Your assignment: In the entries that follow, find the line containing "(k i : Bytes)"; from there, copy every line exactly through the line containing "((q.connection_counter ≡ p.connection_counter)".

(Records from a data source)
↓↓↓
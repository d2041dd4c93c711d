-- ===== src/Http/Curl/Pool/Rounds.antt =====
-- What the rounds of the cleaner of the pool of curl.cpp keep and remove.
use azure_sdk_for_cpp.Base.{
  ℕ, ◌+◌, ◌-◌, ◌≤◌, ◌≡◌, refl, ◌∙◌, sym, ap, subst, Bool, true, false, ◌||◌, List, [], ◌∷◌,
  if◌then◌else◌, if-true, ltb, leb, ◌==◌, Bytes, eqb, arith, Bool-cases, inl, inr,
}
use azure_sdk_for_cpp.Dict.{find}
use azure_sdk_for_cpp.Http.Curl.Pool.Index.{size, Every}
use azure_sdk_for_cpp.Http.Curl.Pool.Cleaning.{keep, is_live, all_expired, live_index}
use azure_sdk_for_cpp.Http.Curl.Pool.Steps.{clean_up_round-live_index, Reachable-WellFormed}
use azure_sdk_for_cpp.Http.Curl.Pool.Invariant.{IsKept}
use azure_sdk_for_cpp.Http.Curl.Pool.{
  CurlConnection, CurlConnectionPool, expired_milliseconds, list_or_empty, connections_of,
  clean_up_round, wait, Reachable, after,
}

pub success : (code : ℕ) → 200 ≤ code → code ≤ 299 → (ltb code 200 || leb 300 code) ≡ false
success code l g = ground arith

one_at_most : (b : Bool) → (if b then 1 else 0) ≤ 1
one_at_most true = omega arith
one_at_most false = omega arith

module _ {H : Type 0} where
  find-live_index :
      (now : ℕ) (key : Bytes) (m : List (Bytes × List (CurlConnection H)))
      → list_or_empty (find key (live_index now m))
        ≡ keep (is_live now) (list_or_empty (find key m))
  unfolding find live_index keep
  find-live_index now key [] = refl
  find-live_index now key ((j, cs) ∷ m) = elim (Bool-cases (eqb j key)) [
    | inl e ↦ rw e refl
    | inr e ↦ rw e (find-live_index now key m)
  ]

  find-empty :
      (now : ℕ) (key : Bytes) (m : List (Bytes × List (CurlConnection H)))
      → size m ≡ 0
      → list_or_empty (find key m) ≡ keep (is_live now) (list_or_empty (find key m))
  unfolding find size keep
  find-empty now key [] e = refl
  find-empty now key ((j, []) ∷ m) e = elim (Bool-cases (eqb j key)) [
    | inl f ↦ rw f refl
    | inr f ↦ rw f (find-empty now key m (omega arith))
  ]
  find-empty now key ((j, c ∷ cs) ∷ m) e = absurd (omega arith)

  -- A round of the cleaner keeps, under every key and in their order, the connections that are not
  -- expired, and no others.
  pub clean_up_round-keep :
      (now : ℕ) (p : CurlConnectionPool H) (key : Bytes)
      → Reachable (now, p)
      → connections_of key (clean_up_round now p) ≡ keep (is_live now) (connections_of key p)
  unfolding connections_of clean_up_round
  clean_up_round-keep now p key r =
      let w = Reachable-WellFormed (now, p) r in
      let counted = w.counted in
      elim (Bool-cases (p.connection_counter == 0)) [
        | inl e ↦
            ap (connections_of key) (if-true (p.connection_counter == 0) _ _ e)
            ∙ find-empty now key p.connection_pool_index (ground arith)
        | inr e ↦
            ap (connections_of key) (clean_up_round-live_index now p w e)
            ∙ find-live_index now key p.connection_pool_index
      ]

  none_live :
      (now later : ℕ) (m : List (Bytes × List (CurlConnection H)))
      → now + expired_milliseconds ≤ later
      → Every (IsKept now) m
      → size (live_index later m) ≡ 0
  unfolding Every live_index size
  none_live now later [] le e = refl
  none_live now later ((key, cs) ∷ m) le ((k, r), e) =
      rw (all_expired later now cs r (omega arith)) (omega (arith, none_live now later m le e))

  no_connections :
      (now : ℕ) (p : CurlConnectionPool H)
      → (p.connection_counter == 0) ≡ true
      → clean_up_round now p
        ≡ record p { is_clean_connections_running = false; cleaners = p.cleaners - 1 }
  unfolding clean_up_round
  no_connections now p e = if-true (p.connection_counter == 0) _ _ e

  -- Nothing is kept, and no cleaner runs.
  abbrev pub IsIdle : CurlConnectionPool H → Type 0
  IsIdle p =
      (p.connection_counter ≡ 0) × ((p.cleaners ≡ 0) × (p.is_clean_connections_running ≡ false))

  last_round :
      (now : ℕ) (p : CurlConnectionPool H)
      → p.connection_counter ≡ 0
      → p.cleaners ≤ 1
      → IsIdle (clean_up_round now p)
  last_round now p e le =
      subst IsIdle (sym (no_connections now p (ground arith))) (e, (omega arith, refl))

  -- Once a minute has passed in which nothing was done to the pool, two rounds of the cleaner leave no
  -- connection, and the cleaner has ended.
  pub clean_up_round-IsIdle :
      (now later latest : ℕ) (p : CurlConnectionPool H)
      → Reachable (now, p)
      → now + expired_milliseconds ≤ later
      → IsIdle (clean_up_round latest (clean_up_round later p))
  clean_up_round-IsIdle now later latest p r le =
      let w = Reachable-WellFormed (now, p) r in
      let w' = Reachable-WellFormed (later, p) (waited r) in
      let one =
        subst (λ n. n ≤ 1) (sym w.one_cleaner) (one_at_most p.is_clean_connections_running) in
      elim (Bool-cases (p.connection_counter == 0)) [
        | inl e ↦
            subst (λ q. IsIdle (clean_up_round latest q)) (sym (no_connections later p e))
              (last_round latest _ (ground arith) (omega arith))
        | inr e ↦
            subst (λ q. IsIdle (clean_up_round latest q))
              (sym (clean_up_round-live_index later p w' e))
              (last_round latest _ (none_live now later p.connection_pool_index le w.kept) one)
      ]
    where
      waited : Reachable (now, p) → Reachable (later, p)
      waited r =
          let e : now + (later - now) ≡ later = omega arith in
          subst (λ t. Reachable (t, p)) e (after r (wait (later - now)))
↑↑↑
↓↓↓
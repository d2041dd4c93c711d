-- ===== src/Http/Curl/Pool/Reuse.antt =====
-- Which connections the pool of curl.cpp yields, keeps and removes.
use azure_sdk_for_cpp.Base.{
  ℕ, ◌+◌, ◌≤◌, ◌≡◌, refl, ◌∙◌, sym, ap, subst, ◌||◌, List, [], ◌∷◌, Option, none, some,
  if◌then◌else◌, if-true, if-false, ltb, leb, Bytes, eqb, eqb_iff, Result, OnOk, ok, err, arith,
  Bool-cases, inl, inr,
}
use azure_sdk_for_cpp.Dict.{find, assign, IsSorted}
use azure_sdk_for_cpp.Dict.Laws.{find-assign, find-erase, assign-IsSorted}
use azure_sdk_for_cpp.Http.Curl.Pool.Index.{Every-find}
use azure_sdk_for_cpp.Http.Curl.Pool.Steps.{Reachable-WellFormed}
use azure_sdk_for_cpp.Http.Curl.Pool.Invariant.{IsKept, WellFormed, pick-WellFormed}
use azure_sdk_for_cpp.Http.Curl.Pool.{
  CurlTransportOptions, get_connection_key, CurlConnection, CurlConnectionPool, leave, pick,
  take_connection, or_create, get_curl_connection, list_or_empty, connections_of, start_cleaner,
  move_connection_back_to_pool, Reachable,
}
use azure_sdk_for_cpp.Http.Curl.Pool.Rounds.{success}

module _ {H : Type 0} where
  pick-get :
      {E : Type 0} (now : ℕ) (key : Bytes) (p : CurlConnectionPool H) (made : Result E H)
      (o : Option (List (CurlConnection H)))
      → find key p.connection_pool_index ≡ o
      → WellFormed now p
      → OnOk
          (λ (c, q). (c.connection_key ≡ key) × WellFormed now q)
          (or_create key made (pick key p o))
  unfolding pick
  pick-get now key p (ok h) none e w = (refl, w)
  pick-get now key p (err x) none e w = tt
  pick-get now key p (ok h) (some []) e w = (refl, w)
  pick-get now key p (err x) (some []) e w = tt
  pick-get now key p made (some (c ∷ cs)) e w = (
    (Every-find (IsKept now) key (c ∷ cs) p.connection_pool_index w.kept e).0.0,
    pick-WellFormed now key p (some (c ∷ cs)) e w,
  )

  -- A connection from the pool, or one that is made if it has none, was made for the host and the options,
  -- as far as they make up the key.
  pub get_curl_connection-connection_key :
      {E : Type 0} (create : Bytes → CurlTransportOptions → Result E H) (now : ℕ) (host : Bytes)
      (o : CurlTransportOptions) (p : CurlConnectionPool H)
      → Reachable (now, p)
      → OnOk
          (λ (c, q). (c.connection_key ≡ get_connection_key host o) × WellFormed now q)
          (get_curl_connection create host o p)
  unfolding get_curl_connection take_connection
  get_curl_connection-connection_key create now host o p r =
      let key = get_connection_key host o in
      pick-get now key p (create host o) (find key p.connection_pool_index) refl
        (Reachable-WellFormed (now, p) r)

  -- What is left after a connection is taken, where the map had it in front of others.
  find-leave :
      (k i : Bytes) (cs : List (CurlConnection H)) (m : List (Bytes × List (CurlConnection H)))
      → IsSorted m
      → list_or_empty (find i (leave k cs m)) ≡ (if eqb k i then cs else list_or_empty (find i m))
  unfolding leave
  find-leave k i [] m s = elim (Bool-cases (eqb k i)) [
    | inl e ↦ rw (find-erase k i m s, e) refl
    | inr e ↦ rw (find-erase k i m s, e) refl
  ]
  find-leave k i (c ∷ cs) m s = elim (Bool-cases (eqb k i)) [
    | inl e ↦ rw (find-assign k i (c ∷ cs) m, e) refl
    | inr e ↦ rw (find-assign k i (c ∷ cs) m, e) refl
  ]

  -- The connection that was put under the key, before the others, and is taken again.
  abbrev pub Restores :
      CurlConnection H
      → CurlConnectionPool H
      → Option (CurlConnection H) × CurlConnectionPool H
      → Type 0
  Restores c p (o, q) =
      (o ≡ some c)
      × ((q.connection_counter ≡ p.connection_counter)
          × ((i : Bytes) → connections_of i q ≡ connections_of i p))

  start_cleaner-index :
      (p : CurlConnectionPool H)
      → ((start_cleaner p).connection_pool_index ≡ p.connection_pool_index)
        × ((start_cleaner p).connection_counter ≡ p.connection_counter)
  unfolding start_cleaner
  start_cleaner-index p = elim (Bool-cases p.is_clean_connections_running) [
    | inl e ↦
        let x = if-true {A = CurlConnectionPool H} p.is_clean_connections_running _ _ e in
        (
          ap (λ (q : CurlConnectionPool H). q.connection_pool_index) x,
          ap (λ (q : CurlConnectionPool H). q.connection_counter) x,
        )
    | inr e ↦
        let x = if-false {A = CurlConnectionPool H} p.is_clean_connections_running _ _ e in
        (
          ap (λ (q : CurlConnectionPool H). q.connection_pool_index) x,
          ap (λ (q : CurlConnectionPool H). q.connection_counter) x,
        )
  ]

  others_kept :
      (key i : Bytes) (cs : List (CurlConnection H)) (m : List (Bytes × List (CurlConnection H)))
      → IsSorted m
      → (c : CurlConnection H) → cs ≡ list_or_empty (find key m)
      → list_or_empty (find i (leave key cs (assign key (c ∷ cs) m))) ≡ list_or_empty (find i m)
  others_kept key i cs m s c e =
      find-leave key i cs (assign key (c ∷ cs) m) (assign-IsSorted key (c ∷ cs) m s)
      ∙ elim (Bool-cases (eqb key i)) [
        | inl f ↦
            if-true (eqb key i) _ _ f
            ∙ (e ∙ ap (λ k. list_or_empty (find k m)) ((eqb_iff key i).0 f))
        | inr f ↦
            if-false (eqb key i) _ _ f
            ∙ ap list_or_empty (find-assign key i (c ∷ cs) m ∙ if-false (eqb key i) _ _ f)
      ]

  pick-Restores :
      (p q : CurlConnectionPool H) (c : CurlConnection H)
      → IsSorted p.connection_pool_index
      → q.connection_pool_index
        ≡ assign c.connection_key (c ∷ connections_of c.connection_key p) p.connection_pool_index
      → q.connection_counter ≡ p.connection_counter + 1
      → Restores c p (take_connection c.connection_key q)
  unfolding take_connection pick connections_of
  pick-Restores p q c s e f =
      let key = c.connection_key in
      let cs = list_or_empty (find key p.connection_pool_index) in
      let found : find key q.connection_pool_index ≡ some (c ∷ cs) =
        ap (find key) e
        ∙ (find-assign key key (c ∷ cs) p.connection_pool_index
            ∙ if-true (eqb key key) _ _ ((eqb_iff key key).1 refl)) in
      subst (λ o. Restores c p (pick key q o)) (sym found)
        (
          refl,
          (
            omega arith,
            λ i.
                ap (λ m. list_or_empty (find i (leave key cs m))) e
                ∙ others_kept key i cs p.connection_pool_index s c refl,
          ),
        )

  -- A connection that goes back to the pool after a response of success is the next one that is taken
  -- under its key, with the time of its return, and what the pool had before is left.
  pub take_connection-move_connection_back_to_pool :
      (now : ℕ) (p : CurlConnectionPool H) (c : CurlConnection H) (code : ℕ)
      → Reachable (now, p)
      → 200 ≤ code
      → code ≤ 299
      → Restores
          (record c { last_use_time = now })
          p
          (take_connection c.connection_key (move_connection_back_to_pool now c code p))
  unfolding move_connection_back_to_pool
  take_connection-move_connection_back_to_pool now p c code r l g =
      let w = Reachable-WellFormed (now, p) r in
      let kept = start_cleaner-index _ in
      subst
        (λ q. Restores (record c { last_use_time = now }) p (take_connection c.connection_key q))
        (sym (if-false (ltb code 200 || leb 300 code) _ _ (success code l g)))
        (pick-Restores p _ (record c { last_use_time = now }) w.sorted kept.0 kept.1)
↑↑↑
Response area:
      (k i : Bytes) (cs : List (CurlConnection H)) (m : List (Bytes × List (CurlConnection H)))
      → IsSorted m
      → list_or_empty (find i (leave k cs m)) ≡ (if eqb k i then cs else list_or_empty (find i m))
  unfolding leave
  find-leave k i [] m s = elim (Bool-cases (eqb k i)) [
    | inl e ↦ rw (find-erase k i m s, e) refl
    | inr e ↦ rw (find-erase k i m s, e) refl
  ]
  find-leave k i (c ∷ cs) m s = elim (Bool-cases (eqb k i)) [
    | inl e ↦ rw (find-assign k i (c ∷ cs) m, e) refl
    | inr e ↦ rw (find-assign k i (c ∷ cs) m, e) refl
  ]

  -- The connection that was put under the key, before the others, and is taken again.
  abbrev pub Restores :
      CurlConnection H
      → CurlConnectionPool H
      → Option (CurlConnection H) × CurlConnectionPool H
      → Type 0
  Restores c p (o, q) =
      (o ≡ some c)
      × ((q.connection_counter ≡ p.connection_counter)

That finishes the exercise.